-- Given information follows --

-- ===== src/Server/Seating/Exits.antt =====
-- Exits and new connections keep seats and workers together.
use kierki.Prelude.{
  ℕ, suc, ◌<◌, Bool, true, false, not, ◌||◌, ◌&&◌, List, [], ◌∷◌, some, ◌≡◌, refl, sym, ◌∙◌, arith,
  ◌==◌, ltb, Map, lookup, emplace, has, has-insert, lookup-insert, has_of_lookup, Bool-cases, inl,
  inr, Returns, Returns-mono, Returns-elim, Returns-if, Returns-bind,
}
use kierki.Types.{Side, IoErrClass, io_err_silent, io_err_internal, io_err_external}
use kierki.IoWorkerMgr
use kierki.IoWorkerMgr.{
  IoWorkerMgr, WorkerStatus, serving_unknown, serving_active, serving_proxy, cleanup,
  cleanup_unknown, shutdown, status_code,
}
use kierki.Server.{Server, with_mgr, finalize}
use kierki.Server.Players.{
  forward_connection, handle_sys_err, handle_errs, shut, leave_seat, exit_as, grand_exit_callback,
}
use kierki.Server.Seating.{IsSeated}
use kierki.Server.Seating.Keeping.{
  KeepsRoles, KeepsRoles-trans, set_role-KeepsRoles, erase_worker-KeepsRoles, KeepsSeats-refl,
  KeepsSeats-trans, with_mgr-KeepsSeats, finalize-KeepsSeats,
}
use kierki.Server.Seating.Moves.{KeepsAnswer, with_answer, KeepsSeats-after, set_role-KeepsSeats}
use kierki.Server.Seating.Comings.{vacated, vacated-IsSeated}
use kierki.Server.Seating.Handlers.{SeatedAnswer, kept, kept_answer, answered_with}

handle_sys_err-KeepsAnswer :
    (err : IoErrClass) (st : Server) → Returns (KeepsAnswer st) (handle_sys_err err st)
unfolding handle_sys_err
handle_sys_err-KeepsAnswer io_err_silent st = KeepsSeats-refl st
handle_sys_err-KeepsAnswer io_err_internal st =
    let t = record st { exit_code = 1 } in
    with_answer st (finalize t) true
      (KeepsSeats-after st t (finalize t) (refl, refl, refl, refl) (finalize-KeepsSeats t))
handle_sys_err-KeepsAnswer io_err_external st = KeepsSeats-refl st

handle_errs-KeepsAnswer :
    (errs : List IoErrClass) (st : Server) → Returns (KeepsAnswer st) (handle_errs errs st)
unfolding handle_errs
handle_errs-KeepsAnswer [] st = KeepsSeats-refl st
handle_errs-KeepsAnswer (err ∷ rest) st =
    Returns-bind (KeepsAnswer st) (handle_sys_err err st) _ (λ r e.
      let first =
        Returns-elim (KeepsAnswer st) (handle_sys_err err st) e
          (handle_sys_err-KeepsAnswer err st) in
      Returns-if (KeepsAnswer st) r.1 (some (r.0, true)) (handle_errs rest r.0) (λ f. first)
        (λ f.
          Returns-mono (KeepsAnswer r.0) (KeepsAnswer st) (handle_errs rest r.0)
            (λ u q. KeepsSeats-trans first q) (handle_errs-KeepsAnswer rest r.0)))

shut-KeepsAnswer : (ix : ℕ) (st : Server) → Returns (KeepsAnswer st) (shut ix st)
unfolding shut
shut-KeepsAnswer ix st =
    let m = IoWorkerMgr.erase_worker ix st.worker_mgr in
    with_answer st _ true (
      with_mgr-KeepsSeats (λ n. IoWorkerMgr.set_role ix shutdown (IoWorkerMgr.erase_worker ix n)) st
        (Returns-mono (KeepsRoles m) (KeepsRoles st.worker_mgr) (IoWorkerMgr.set_role ix shutdown m)
          (λ n k. KeepsRoles-trans (erase_worker-KeepsRoles ix st.worker_mgr) k)
          (set_role-KeepsRoles ix shutdown m refl)))

leave_seat-IsSeated :
    (ix : ℕ) (s : Side) (has_work : Bool) (st : Server)
    → IsSeated st
    → lookup ix st.worker_to_side ≡ some s
    → Returns SeatedAnswer (leave_seat ix s has_work st)
unfolding leave_seat
leave_seat-IsSeated ix s has_work st v there =
    let t = vacated s ix st in
    kept_answer t _ (vacated-IsSeated s ix st v there) (
      Returns-if (KeepsAnswer t) (has_work || (ltb t.players_connected 3 && not t.exiting)) _
        (shut ix t)
        (λ e.
          with_answer t (with_mgr (IoWorkerMgr.set_role ix cleanup) t) false
            (set_role-KeepsSeats ix cleanup t refl))
        (λ e. shut-KeepsAnswer ix t))

exit_as-IsSeated :
    (role : WorkerStatus) (ix : ℕ) (has_work : Bool) (st : Server)
    → IsSeated st
    → Returns SeatedAnswer (exit_as role ix has_work st)
unfolding exit_as
exit_as-IsSeated serving_unknown ix has_work st v =
    kept_answer st (shut ix st) v (shut-KeepsAnswer ix st)
exit_as-IsSeated serving_active ix has_work st v =
    Returns-bind SeatedAnswer (lookup ix st.worker_to_side) _
      (λ s e. leave_seat-IsSeated ix s has_work st v e)
exit_as-IsSeated serving_proxy ix has_work st v = Returns-bind SeatedAnswer (shut ix st) _ (λ r e.
    let w =
      Returns-elim SeatedAnswer (shut ix st) e
        (kept_answer st (shut ix st) v (shut-KeepsAnswer ix st)) in
    answered_with (finalize r.0) true (kept r.0 (finalize r.0) w (finalize-KeepsSeats r.0)))
exit_as-IsSeated cleanup ix has_work st v =
    Returns-if SeatedAnswer (st.players_connected == 4 && not has_work) (shut ix st)
      (some (st, false)) (λ e. kept_answer st (shut ix st) v (shut-KeepsAnswer ix st)) (λ e. v)
exit_as-IsSeated cleanup_unknown ix has_work st v =
    Returns-if SeatedAnswer (st.players_connected == 4 && not has_work) (shut ix st)
      (some (st, false)) (λ e. kept_answer st (shut ix st) v (shut-KeepsAnswer ix st)) (λ e. v)
exit_as-IsSeated shutdown ix has_work st v = v

pub grand_exit_callback-IsSeated :
    (errs : List IoErrClass) (ix : ℕ) (has_work : Bool) (st : Server)
    → IsSeated st
    → Returns SeatedAnswer (grand_exit_callback errs ix has_work st)
unfolding grand_exit_callback IoWorkerMgr.get_role
grand_exit_callback-IsSeated errs ix has_work st v =
    Returns-bind SeatedAnswer (handle_errs errs st) _ (λ r e.
      let w =
        Returns-elim SeatedAnswer (handle_errs errs st) e
          (kept_answer st (handle_errs errs st) v (handle_errs-KeepsAnswer errs st)) in
      Returns-if SeatedAnswer r.1 (some (r.0, true)) _ (λ f. w)
        (λ f.
          Returns-bind SeatedAnswer (lookup ix r.0.worker_mgr.roles) _
            (λ role g. exit_as-IsSeated role ix has_work r.0 w)))

other_of : (n j : ℕ) → j < n → (n == j) ≡ false
other_of n j h = ground arith

below_suc :
    (ix next : ℕ) (roles : Map WorkerStatus)
    → ((j : ℕ) → has j roles ≡ true → j < next)
    → (next == ix || has ix roles) ≡ true
    → ix < suc next
below_suc ix next roles numbered h = elim (Bool-cases (has ix roles)) [
  | inl e ↦ omega (arith, numbered ix e)
  | inr e ↦ ground arith
]

-- A new worker has no seat, whatever its role is.
pub spawned-IsSeated :
    (role : WorkerStatus) (st : Server)
    → IsSeated st
    → IsSeated (record st { worker_mgr = (IoWorkerMgr.spawn_new_worker role st.worker_mgr).0 })
unfolding IoWorkerMgr.spawn_new_worker emplace
spawned-IsSeated role st v =
    let next = st.worker_mgr.next_ix in
    let roles = st.worker_mgr.roles in
    let fresh : has next roles ≡ false = elim (Bool-cases (has next roles)) [
      | inl h ↦ absurd (omega (arith, v.numbered next h))
      | inr h ↦ h
    ] in
    let other : (j : ℕ) → has j roles ≡ true → (next == j) ≡ false =
      λ j h. other_of next j (v.numbered j h) in
    rw fresh (record {
      seat_worker = v.seat_worker;
      worker_seat = λ ix s e.
          let (seat, taken, active) = v.worker_seat ix s e in
          let (r, there, known) = active in
          (
            seat,
            taken,
            (
              r,
              lookup-insert next ix role roles
                  ∙ (rw (other ix (has_of_lookup ix roles there)) there),
              known,
            ),
          );
      counted = v.counted;
      numbered =
          λ ix h. below_suc ix next roles v.numbered (sym (has-insert next ix role roles) ∙ h);
    })

pub forward_connection-IsSeated : (st : Server) → IsSeated st → IsSeated (forward_connection st).0
unfolding forward_connection
forward_connection-IsSeated st v = spawned-IsSeated serving_unknown st v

-- Given information concluded --

### [Required action]
In the lines above, find each one with "numbered" and list it.

### [Written solution]
below_suc ix next roles numbered h = elim (Bool-cases (has ix roles)) [
  | inl e ↦ omega (arith, numbered ix e)
      | inl h ↦ absurd (omega (arith, v.numbered next h))
      λ j h. other_of next j (v.numbered j h) in
      numbered =
          λ ix h. below_suc ix next roles v.numbered (sym (has-insert next ix role roles) ∙ h);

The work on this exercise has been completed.